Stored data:
= = = =
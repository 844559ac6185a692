-- ===== src/Queue/Validity/Promote.antt =====
-- relay/queue.py: `_try_promote` keeps the queue well formed.
use openai_ipmi_proxy.Prelude.{
  ℕ, ◌+◌, ◌<◌, ◌≡◌, refl, true, false, some, arith, nat_eq, string_eq, pair_eq, Option-cases,
  nat_beq_iff, if◌then◌else◌, pair_beq_iff,
}
use openai_ipmi_proxy.Prelude.Lists.{
  contains, distinct, contains_of_find, count_ext, count-remove, count-pos, contains-remove_self,
  contains_of_contains-remove, distinct-remove, remove,
}
use openai_ipmi_proxy.Prelude.Dict.{keys, has, lookup, distinct-insert, has-insert}
use openai_ipmi_proxy.Queue.State.{Key, EndpointQueue}
use openai_ipmi_proxy.Queue.Admission.{eligible, promote, first_eligible, try_promote}
use openai_ipmi_proxy.Queue.Promotion.{promote-queue, try_promote_inv, promote-spots_bounded}
use openai_ipmi_proxy.Queue.Invariant.{IsValid, is_entry_of, queued_for, is_held_by}

module _ (now : ℕ) (q : EndpointQueue) (e : ℕ) where
  spots_distinct-promote :
      distinct (keys q.spots) ≡ true → distinct (keys (promote now q e).spots) ≡ true
  unfolding promote
  spots_distinct-promote d =
      ground (arith, distinct-insert (q.objects (q.entries e).session).key now q.spots)

  sessions_same :
      distinct (keys q.sessions) ≡ true → distinct (keys (promote now q e).sessions) ≡ true
  unfolding promote
  sessions_same d = ground arith

  fresh-promote :
      ((k : Key) (r : ℕ) → lookup k q.sessions ≡ some r → r < q.next_object)
      → (k : Key) (r : ℕ) → lookup k (promote now q e).sessions ≡ some r
      → r < (promote now q e).next_object
  unfolding promote
  fresh-promote f k r h = ground (arith, f k r)

module _ (now : ℕ) (q : EndpointQueue) (e : ℕ) (found : first_eligible q ≡ some e)
    (v : IsValid q) where
  -- The entry is in the queue, and so its session waits and is in the dictionary.
  is_queued : contains q.queue e ≡ true
  is_queued = contains_of_find (eligible q) q.queue e found

  is_waiting : 0 < (q.objects (q.entries e).session).waiting_count
  is_waiting = omega (
    arith,
    v.waiting_counted (q.entries e).session,
    count-pos (is_entry_of q (q.entries e).session) e q.queue is_queued ((nat_beq_iff _ _).1 refl),
  )

  is_tracked : lookup (q.objects (q.entries e).session).key q.sessions ≡ some (q.entries e).session
  is_tracked = v.live_tracked (q.entries e).session (omega (arith, is_waiting))

  same_entry : (r x : ℕ) → is_entry_of (promote now q e) r x ≡ is_entry_of q r x
  unfolding promote
  same_entry r x = ground arith

  queued_for-promote :
      (r : ℕ)
      → (if is_entry_of q r e then 1 else 0) + queued_for (promote now q e) r ≡ queued_for q r
  queued_for-promote r =
      rw
        (
          promote-queue now q e,
          count_ext (is_entry_of (promote now q e) r) (is_entry_of q r) (remove e q.queue)
              (same_entry r),
        )
        (count-remove (is_entry_of q r) e q.queue is_queued)

  waiting_counted-promote :
      (r : ℕ) → ((promote now q e).objects r).waiting_count ≡ queued_for (promote now q e) r
  unfolding promote
  waiting_counted-promote r = ground (arith, queued_for-promote r, v.waiting_counted r, is_waiting)

  pending-promote :
      (x : ℕ)
      → contains (promote now q e).queue x ≡ true
      → ((promote now q e).entries x).done ≡ false
  unfolding promote
  pending-promote x c = ground (
    arith,
    v.pending x,
    contains_of_contains-remove e x q.queue,
    contains-remove_self e q.queue v.queue_distinct,
  )

  fresh_entries-promote :
      (x : ℕ) → contains (promote now q e).queue x ≡ true → x < (promote now q e).next_entry
  unfolding promote
  fresh_entries-promote x c =
      ground (arith, v.fresh_entries x, contains_of_contains-remove e x q.queue)

  filed-promote :
      (k : Key) (r : ℕ)
      → lookup k (promote now q e).sessions ≡ some r
      → ((promote now q e).objects r).key ≡ k
  unfolding promote
  filed-promote k r h = ground (arith, v.filed k r)

  live_tracked-promote :
      (r : ℕ)
      → 0 < ((promote now q e).objects r).waiting_count + ((promote now q e).objects r).inflight
      → lookup ((promote now q e).objects r).key (promote now q e).sessions ≡ some r
  unfolding promote
  live_tracked-promote r h = ground (arith, v.live_tracked r, is_tracked)

  spots_owned-promote :
      (k : Key)
      → has k (promote now q e).spots ≡ true
      → is_held_by (promote now q e) (lookup k (promote now q e).sessions) ≡ true
  unfolding promote
  spots_owned-promote k h = ground (
    arith,
    v.spots_owned k,
    is_tracked,
    v.filed k,
    Option-cases (lookup k q.sessions),
    has-insert (q.objects (q.entries e).session).key k now q.spots,
    pair_beq_iff (q.objects (q.entries e).session).key k,
  )

  held_spots-promote :
      (k : Key) (r : ℕ)
      → lookup k (promote now q e).sessions ≡ some r
      → ((promote now q e).objects r).spot_held ≡ true
      → has k (promote now q e).spots ≡ true
  unfolding promote
  held_spots-promote k r t h = ground (
    arith,
    v.held_spots k r,
    v.filed k r,
    has-insert (q.objects (q.entries e).session).key k now q.spots,
    pair_beq_iff (q.objects (q.entries e).session).key k,
  )

  promote-IsValid : IsValid (promote now q e)
  promote-IsValid = record {
    spots_bounded = promote-spots_bounded now q e found v.spots_bounded;
    spots_distinct = spots_distinct-promote now q e v.spots_distinct;
    sessions_distinct = sessions_same now q e v.sessions_distinct;
    queue_distinct = rw (promote-queue now q e) (distinct-remove e q.queue v.queue_distinct);
    waiting_counted = waiting_counted-promote;
    pending = pending-promote;
    filed = filed-promote;
    live_tracked = live_tracked-promote;
    spots_owned = spots_owned-promote;
    held_spots = held_spots-promote;
    fresh_entries = fresh_entries-promote;
    fresh = fresh-promote now q e v.fresh;
  }

pub try_promote-IsValid : (now : ℕ) (q : EndpointQueue) → IsValid q → IsValid (try_promote now q)
try_promote-IsValid now q v = try_promote_inv IsValid now (promote-IsValid now) q v
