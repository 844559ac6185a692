-- ===== src/Queue/Validity/Spots.antt =====
-- relay/queue.py: giving a spot back, and `tick`, keep the queue well formed.
use openai_ipmi_proxy.Prelude.{
  ℕ, ◌+◌, ◌<◌, ◌≡◌, inl, inr, true, false, some, arith, nat_eq, string_eq, pair_eq, Option-cases,
  Bool-cases, pair_beq_iff, String,
}
use openai_ipmi_proxy.Prelude.Dict.{
  has, lookup, pop, distinct-pop, length-pop-le, lookup-pop, has-pop,
}
use openai_ipmi_proxy.Queue.State.{Key, EndpointQueue}
use openai_ipmi_proxy.Queue.Invariant.{IsValid, is_held_by}
use openai_ipmi_proxy.Queue.Lifecycle.{
  is_dormant, drop_spot, release_spot, release_found, release_session,
}
use openai_ipmi_proxy.Queue.Validity.Promote.{try_promote-IsValid}

module _ (q : EndpointQueue) (r : ℕ) (key : Key) (tracked : lookup key q.sessions ≡ some r)
    (v : IsValid q) where
  live_tracked-drop :
      (x : ℕ)
      → 0 < ((drop_spot q r key).objects x).waiting_count + ((drop_spot q r key).objects x).inflight
      → lookup ((drop_spot q r key).objects x).key (drop_spot q r key).sessions ≡ some x
  unfolding drop_spot
  live_tracked-drop x h = ground (
    arith,
    v.live_tracked x,
    lookup-pop key (q.objects x).key q.sessions v.sessions_distinct,
    pair_beq_iff key (q.objects x).key,
  )

  filed-drop :
      (k : Key) (x : ℕ)
      → lookup k (drop_spot q r key).sessions ≡ some x
      → ((drop_spot q r key).objects x).key ≡ k
  unfolding drop_spot
  filed-drop k x h = ground (arith, v.filed k x, lookup-pop key k q.sessions v.sessions_distinct)

  spots_owned-drop :
      (k : Key)
      → has k (drop_spot q r key).spots ≡ true
      → is_held_by (drop_spot q r key) (lookup k (drop_spot q r key).sessions) ≡ true
  unfolding drop_spot
  spots_owned-drop k h = elim (Option-cases (lookup k q.sessions)) [
    | inl gone ↦ ground (arith, v.spots_owned k, has-pop key k q.spots v.spots_distinct)
    | inr (x, found) ↦ ground (
      arith,
      v.spots_owned k,
      has-pop key k q.spots v.spots_distinct,
      lookup-pop key k q.sessions v.sessions_distinct,
      v.filed k x found,
      v.filed key r tracked,
      pair_beq_iff key k,
    )
  ]

  held_spots-drop :
      (k : Key) (x : ℕ)
      → lookup k (drop_spot q r key).sessions ≡ some x
      → ((drop_spot q r key).objects x).spot_held ≡ true
      → has k (drop_spot q r key).spots ≡ true
  unfolding drop_spot
  held_spots-drop k x t h = ground (
    arith,
    v.held_spots k x,
    has-pop key k q.spots v.spots_distinct,
    lookup-pop key k q.sessions v.sessions_distinct,
    v.filed k x,
    v.filed key r tracked,
    pair_beq_iff key k,
  )

  drop_spot-IsValid : IsValid (drop_spot q r key)
  drop_spot-IsValid = record {
    spots_bounded = unfold drop_spot in omega (arith, v.spots_bounded, length-pop-le key q.spots);
    spots_distinct = unfold drop_spot in distinct-pop key q.spots v.spots_distinct;
    sessions_distinct =
        unfold drop_spot in ground (arith, v.sessions_distinct, distinct-pop key q.sessions);
    queue_distinct = unfold drop_spot in v.queue_distinct;
    waiting_counted = λ x. unfold drop_spot in ground (arith, v.waiting_counted x);
    pending = unfold drop_spot in v.pending;
    filed = filed-drop;
    live_tracked = live_tracked-drop;
    spots_owned = spots_owned-drop;
    held_spots = held_spots-drop;
    fresh_entries = unfold drop_spot in v.fresh_entries;
    fresh = λ k x h.
        unfold drop_spot in
        ground (arith, v.fresh k x, lookup-pop key k q.sessions v.sessions_distinct);
  }

  pub release_spot-IsValid : (now : ℕ) → IsValid (release_spot now q r key)
  unfolding release_spot
  release_spot-IsValid now = try_promote-IsValid now (drop_spot q r key) drop_spot-IsValid

  -- A dormant session with no spot is forgotten.
  pub forget-IsValid :
      is_dormant (q.objects r) ≡ true
      → (q.objects r).spot_held ≡ false
      → IsValid (record q { sessions = pop key q.sessions })
  forget-IsValid dormant spotless = record {
    spots_bounded = v.spots_bounded;
    spots_distinct = v.spots_distinct;
    sessions_distinct = distinct-pop key q.sessions v.sessions_distinct;
    queue_distinct = v.queue_distinct;
    waiting_counted = v.waiting_counted;
    pending = v.pending;
    filed = λ k x h. ground (arith, v.filed k x, lookup-pop key k q.sessions v.sessions_distinct);
    live_tracked = λ x h. ground (
      arith,
      v.live_tracked x h,
      lookup-pop key (q.objects x).key q.sessions v.sessions_distinct,
      pair_beq_iff key (q.objects x).key,
    );
    spots_owned = λ k h. ground (
      arith,
      v.spots_owned k h,
      lookup-pop key k q.sessions v.sessions_distinct,
      pair_beq_iff key k,
    );
    held_spots = λ k x h t.
        ground (arith, v.held_spots k x, lookup-pop key k q.sessions v.sessions_distinct);
    fresh_entries = v.fresh_entries;
    fresh = λ k x h. ground (arith, v.fresh k x, lookup-pop key k q.sessions v.sessions_distinct);
  }

pub release_session-IsValid :
    (now : ℕ) (q : EndpointQueue) (client session_id : String)
    → IsValid q
    → IsValid (release_session now q client session_id).0
unfolding release_session release_found
release_session-IsValid now q client session_id v =
    let key : Key = (client, session_id) in
    elim (Option-cases (lookup key q.sessions)) [
      | inl gone ↦ rw (gone, release_found) v
      | inr (r, found) ↦ elim (Bool-cases (q.objects r).spot_held) [
        | inl held ↦ rw (found, release_found) (rw held (release_spot-IsValid q r key found v now))
        | inr free ↦ rw (found, release_found) (rw free v)
      ]
    ]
= = = =
Exercise description — Nothing but the lines above from the one containing "fresh_entries = v.fresh_entries;" through the one containing "unfolding release_session release_found" should appear in the answer, each repeated exactly.

Result below —
    fresh_entries = v.fresh_entries;
    fresh = λ k x h. ground (arith, v.fresh k x, lookup-pop key k q.sessions v.sessions_distinct);
  }

pub release_session-IsValid :
    (now : ℕ) (q : EndpointQueue) (client session_id : String)
    → IsValid q
    → IsValid (release_session now q client session_id).0
unfolding release_session release_found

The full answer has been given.